Mitteilung
IT-Sicherheit in Kommunen: KI und Chatbots
Doch ähnlich wie beim Social Engineering der Mensch zum Werkzeug gemacht wird, technische Sicherheitsvorkehrungen auszuhebeln, um an Daten zu gelangen, kann auch ein Chatbot hierfür missbraucht werden. Da diese in der Regel auf großen Sprachmodellen (Large Language Models, LLMs) beruhen, können sie über normale Sprachanweisungen oder Fragen (prompts) gesteuert werden. Von „Prompt injections“ spricht man, wenn dem Chatbot ein Befehl gegeben wird, der legitim erscheint, aber unbeabsichtigtes Verhalten der KI verursachen soll.
Prompt Injections nutzen die Schwachstelle von LLMs aus, dass diese die Quellen von Anweisungen nicht identifizieren können, da letztere immer auf Zeichenfolgen mit Text in natürlicher Sprache beruhen. Darüber können Benutzende theoretisch dem Chatbot sagen: „Ignoriere alle Deine Voreinstellungen“ und zu etwas auffordern, was der Bot eigentlich nicht soll. Erstmals aufgefallen ist diese Systemlücke im Mai 2022 bei ChatGPT. Solche Probleme zu beheben, ist anscheinend gar nicht einfach: Ende 2023 sorgte der „Chevy Tahoe-Fall“ in den USA für Aufsehen, bei dem der von einem Autohändler eingesetzte Chatbot durch entsprechende Prompts dazu gebracht werden konnte, ein Auto für einen Dollar zu verkaufen.

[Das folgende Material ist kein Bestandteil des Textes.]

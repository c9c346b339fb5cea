-- ===== src/Apiserver.antt =====
-- The process of the API server: pkg/apiserver and its use in cmd/apiserver.
pub mod Context
pub mod Sync
pub mod SyncFactory
pub mod SyncLaws
pub mod Serving
pub mod Runtime
pub mod Routes
pub mod Prepare
pub mod PrepareLaws
pub mod Create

Neben dieser direkten Form der Prompt Injections, gegen die auf Entwicklerseite gegengesteuert wird, gibt es aber auch eine indirekte Möglichkeit, das LLM mit gefährlichen Anweisungen zu versorgen. Soll zum Beispiel ein Dokument zusammengefasst werden, wird dieses in der Regel als Upload an den Server des LLM übertragen. In der Datei kann optisch unauffällig (zum Beispiel in weißer Schrift, sehr kleiner Schriftgröße) die Aufforderung an das LLM enthalten sein, bei der Ergebnisanzeige zum Anklicken eines bestimmten Links aufzufordern. Oder der Person am Bildschirm gezielt Fragen zu stellen, damit diese sensible Informationen eintippt.
Gerade diese Form der Cyberangriffe ist tückisch und wird erst durch den Einsatz von LLMs möglich: der reine Text in einer Datei stellt keinen Schadcode dar, den der Mail-Filter einer kommunalen IT zurückhalten würde. Dadurch kann eine Datei, die im System der Kommune selbst völlig harmlos ist, von dort aus zum LLM gelangen. Für Angreifende ist diese Methode dort interessant, wo eine externe Quelle nicht per se verdächtig ist und aufgrund der Datenmenge zunehmend eine KI-gestützte Auswertung von Dateien stattfindet, z. B. in Bewerbungsverfahren.
Einschätzung des Städte- und Gemeindebundes NRW
Wer mit LLM-basierten Anwendungen in der Verwaltung arbeitet, muss sich im Klaren darüber sein, dass es sich um eine vergleichsweise junge Technologie handelt, deren Sicherheitsniveau ebenfalls noch am Anfang steht. Der Sinn und Unsinn von Aussagen, die ein Chatbot trifft, gehören wegen der bekannten KI-Halluzinationen ohnehin stets auf den menschlichen Prüfstand. Wenn es nicht der Schutz personenbezogener Daten verbietet, sollten aber auch aus Gründen der IT-Sicherheit externe Dokumente nicht in einer KI-Anwendung verwendet werden, die nicht für den dienstlichen Einsatz speziell vorgesehen ist.
Für die Kommunen ist es ratsam, Bedarfe und geeignete Tools vorab zu analysieren und unter Einbindung des Personals einzuführen. Im Übrigen sollten Städte und Gemeinden daran denken, dass sie nach Art. 3 Nr. 4 EU AI Act auch dann als Betreiberin einer KI gelten, wenn sie die Anwendung eines Dritten lediglich verwenden. Art. 4 EU AI Act verpflichtet Kommunen dann dazu, ihre Mitarbeitenden hinsichtlich ihrer KI-Kompetenz zu qualifizieren. Dazu gehört, neben den vielfältigen Chancen auch die Limitierungen, etwa von Chatbots, zu kennen und sich neben ethischen Fragen auch möglicher Sicherheitsprobleme bewusst zu sein.